# My "Tivo For Sale" Thread



## cwaring (Feb 12, 2002)

There's going to be two of these in the next week or two.

The first one is my 'backup' unit. (Was my original unit!) It's a standard, un-sub'd box with no hard drive and only the remote control. The front is a little scratched. In fact, I just noticed that the remote is - un-intnetionally - covering quite a bad one.

I was going to put it on eBay but I thought I'd save the fees and ask on here first 










Would prefer payment by Paypal and pick-up rather than delivery as I don't have any box big enough!

Obvously, offers by PM or email only. (Not expecting much for this one of course!)

The other unit will be a LT-sub'd one with a Terbonet card!


----------



## speedyrite (May 18, 2002)

Should I be getting my black armband out in anticipation of yet another minute of silence for another fallen TiVo devotee?!?


----------



## cwaring (Feb 12, 2002)

Sort of. I'm still a Tivo devotee, but eagerly awaiting the new version from VM


----------



## cwaring (Feb 12, 2002)

My second unit has a LT-sub and a TerboNet card in it. The cabinet is in better condition too  Again, offers via email or PM.

Would rather not post but - assuming I can find a box - it will be £10. Same goes for other unit.










As you can see, this one comes with some accessories (mains lead, phone lead, 2 remotes) and the front is in better condition too!


----------



## cwaring (Feb 12, 2002)

Well I decided to go the "cold turkey" route and just 'clear and delete everything' without over-thinking it. I am now Tivo-less for the first time in around 8 years 

Two Tivos still available. Will both be going on eBay shortly.


----------



## RichardJH (Oct 7, 2002)

Did you not think about moving your LT Tivo to using a Freeview box. Good for the odd programme clash and for the odd times when the Virgin cable goes down


----------



## cwaring (Feb 12, 2002)

I could have, but Freeview's a no-go round here. Also, with up-to three tuners available (record two, watch one) there's no such thing as a programme clash anymore  Plus my TV service hasn't had a major fault in three years; but thanks for jinxing it


----------



## cwaring (Feb 12, 2002)

Just thought I'd give this a bump.

Actually, I'm a little concerned. When Tivos come up for sale on here they're usually snapped-up fairly quickly. Not so in this case. I wonder why? Did I put people off with my descriptions or something? 

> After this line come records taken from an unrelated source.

-- ===== src/Userthread/Mark.antt =====
-- What `mark` marks: the lines that its arguments give, which are all lines of the region unless the
-- region ends in a line more than its size takes from its first byte on.
use escort.Prelude.{
  ℕ, zero, suc, ◌+◌, ◌-◌, ◌*◌, ◌/◌, ◌%◌, ◌^◌, ◌≤◌, ◌<◌, ◌≡◌, ◌≢◌, ◌∙◌, inl, inr, Bool, true, false,
  ◌||◌, ◌&&◌, Option, some, ltb, leb, if◌then◌else◌, >>=-eq-some, Bool-cases, Option-cases, arith,
}
use escort.Address.{cache_line_size, dram_base, add_addr}
use escort.Bitmap
use escort.Bitmap.{is_set}
use escort.World.{World, curr_of}
use escort.RedoLog.{RedoLogs}
use escort.Userthread.{mark_line, mark_lines, mark, num_bits_of}

-- The line of a byte of DRAM.
abbrev pub byte_line : ℕ → ℕ
byte_line a = (a - dram_base) / cache_line_size

module _ (L : RedoLogs) (i : ℕ) (curr : Bool) where
  open L use {State, push_back_and_clwb}

  record Marked (index n : ℕ) (w w' : World State) : Type 0 where
    bits :
        (x : ℕ)
        → is_set (w'.bitmap curr) x
          ≡ (if leb index x && ltb x (index + n) then true else is_set (w.bitmap curr) x)
    same_dram : w'.dram ≡ w.dram
    same_nvm : w'.nvm ≡ w.nvm

  mark_line-Marked :
      (addr index : ℕ) (b : Bool) (w w' : World State)
      → mark_line L i curr addr index w ≡ some (b, w')
      → Marked index 1 w w'
  unfolding mark_line Bitmap.set
  mark_line-Marked addr index b w w' h =
      let pushed =
        Option-cases
          (push_back_and_clwb (suc i) (record { addr = addr; val = w.dram addr }) w.logs) in
      record {
        bits = λ x. ground (arith, Bool-cases curr, pushed);
        same_dram = ground (arith, Bool-cases curr, pushed);
        same_nvm = ground (arith, Bool-cases curr, pushed);
      }

  mark_lines-Marked :
      (n addr index : ℕ) (flag b : Bool) (w w' : World State)
      → mark_lines L n i curr addr index flag w ≡ some (b, w')
      → Marked index n w w'
  unfolding mark_lines
  mark_lines-Marked zero addr index flag b w w' h = record {
    bits = λ x. ground arith;
    same_dram = ground arith;
    same_nvm = ground arith;
  }
  mark_lines-Marked (suc n) addr index flag b w w' h =
      let ((set, w₁), e₁, rest) =
        >>=-eq-some (mark_line L i curr addr index w)
          (λ (b₁, u).
            mark_lines L n i curr (add_addr addr cache_line_size) (suc index) (flag || b₁) u)
          h in
      let first = mark_line-Marked addr index set w w₁ e₁ in
      let others =
        mark_lines-Marked n (add_addr addr cache_line_size) (suc index) (flag || set) b w₁ w'
          rest in
      record {
        bits = λ x. ground (arith, first.bits x, others.bits x);
        same_dram = others.same_dram ∙ first.same_dram;
        same_nvm = others.same_nvm ∙ first.same_nvm;
      }

module _ (L : RedoLogs) where
  open L use {State}

  -- What a successful `mark` does in the bitmap of the epoch of its thread.
  pub record MarkedRegion (i addr size : ℕ) (w w' : World State) : Type 0 where
    pub in_operation : w.thread_epoch i ≢ 0
    pub bits :
        (x : ℕ)
        → (let curr = curr_of (w.thread_epoch i) in
            is_set (w'.bitmap curr) x ≡ (
              if leb (byte_line addr) x && ltb x (byte_line addr + num_bits_of size)
              then true
              else is_set (w.bitmap curr) x))
    pub same_dram : w'.dram ≡ w.dram
    pub same_nvm : w'.nvm ≡ w.nvm

  -- A `mark` that returns was called within an operation. In the bitmap of that operation's epoch it
  -- has set the bits of as many lines as the size takes, from the line of the first byte on, and no
  -- other bit; neither heap has changed.
  pub mark-MarkedRegion :
      (i addr size : ℕ) (w w' : World State)
      → mark L i addr size w ≡ some w'
      → MarkedRegion i addr size w w'
  unfolding mark
  mark-MarkedRegion i addr size w w' h = elim (Option-cases loop) [
    | inl failed ↦ absurd (ground arith)
    | inr ((b, w₁), e) ↦
        let m =
          mark_lines-Marked L i curr (num_bits_of size) base (byte_line addr) false b w w₁ e in
        record {
          in_operation = ground arith;
          bits = λ x. ground (arith, m.bits x);
          same_dram = ground (arith, m.same_dram);
          same_nvm = ground (arith, m.same_nvm);
        }
  ]
    where
      curr : Bool
      curr = curr_of (w.thread_epoch i)

      base : ℕ
      base = addr - addr % cache_line_size

      loop : Option (Bool × World State)
      loop = mark_lines L (num_bits_of size) i curr base (byte_line addr) false w

  -- Where the offset of the first byte in its line and the size together fit into the lines that the
  -- size takes, every byte of the region lies in a marked line after `mark`.
  pub mark_covers :
      (i addr size : ℕ) (w w' : World State) (a : ℕ)
      → mark L i addr size w ≡ some w'
      → dram_base ≤ addr
      → size < 2 ^ 63
      → addr % cache_line_size + size ≤ (size + 63) / 64 * cache_line_size
      → addr ≤ a
      → a < addr + size
      → is_set (w'.bitmap (curr_of (w.thread_epoch i))) (byte_line a) ≡ true
  mark_covers i addr size w w' a h low small fits from to =
      let m = mark-MarkedRegion i addr size w w' h in ground (arith, m.bits (byte_line a))

  -- In the other case the region ends in one line more, and `mark` leaves the bit of that line as it
  -- was: `mark` counts lines by the size alone.
  pub mark_misses_last_line :
      (i addr size : ℕ) (w w' : World State)
      → mark L i addr size w ≡ some w'
      → dram_base ≤ addr
      → size < 2 ^ 63
      → (size + 63) / 64 * cache_line_size < addr % cache_line_size + size
      → (let curr = curr_of (w.thread_epoch i) in
          let last = addr + size - 1 in
          is_set (w'.bitmap curr) (byte_line last) ≡ is_set (w.bitmap curr) (byte_line last))
  mark_misses_last_line i addr size w w' h low small crosses =
      let m = mark-MarkedRegion i addr size w w' h in
      ground (arith, m.bits (byte_line (addr + size - 1)))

I *am* happy to post them if I can find big enough boxes


----------



## RichardJH (Oct 7, 2002)

Unless you are desperate for the small amount they sell for why not keep it and use it with your V+ box. It does work ok and certainly it has helped to have it recording when the V+ comes up with the failed to record message. Also the EPG on Tivo is miles better than Virgin. That is at present of course who knows what may be round the corner with the V+TIVO


----------



## cwaring (Feb 12, 2002)

You weren't kidding about the "small amount of money". Jeez! Fifty Quid? For a LT-sub'd box (so it's worth £200 at that!) _plus_ a network card.  

So... awaiting a sensible and more realistic offer. (Why do I have a feeling I could be waiting quite some time?!)


----------



## AMc (Mar 22, 2002)

A check on the bay reveals completed listings for...
a 1TB LT with cachecard sold for &#163;200+&#163;15 = &#163;215 
a 250GB LT going for &#163;75+&#163;9.50 = &#163;84.50
a 120GB+80GB LT with 2 remotes and Tivonet going for &#163;56+&#163;7.99 = &#163;63.99
and a suspected faulty modem LT unit for &#163;29.99+&#163;17.50 = &#163;47.49.

So considering saving 10&#37; or so in fees &#163;50 is pretty low but not that low. I would imagine you would get more if you sold the card separately but I could be wrong.

Good luck with the sale!


----------



## cwaring (Feb 12, 2002)

Yeah. Just wishful thinking on my part, I guess.


----------



## iankb (Oct 9, 2000)

Frankly, I'm surprised that secondhand Series 1 TiVo's are even worth that nowadays. Technically, with analogue tuners and SCART interfaces, they are now far behind what is available nowadays in terms of picture quality.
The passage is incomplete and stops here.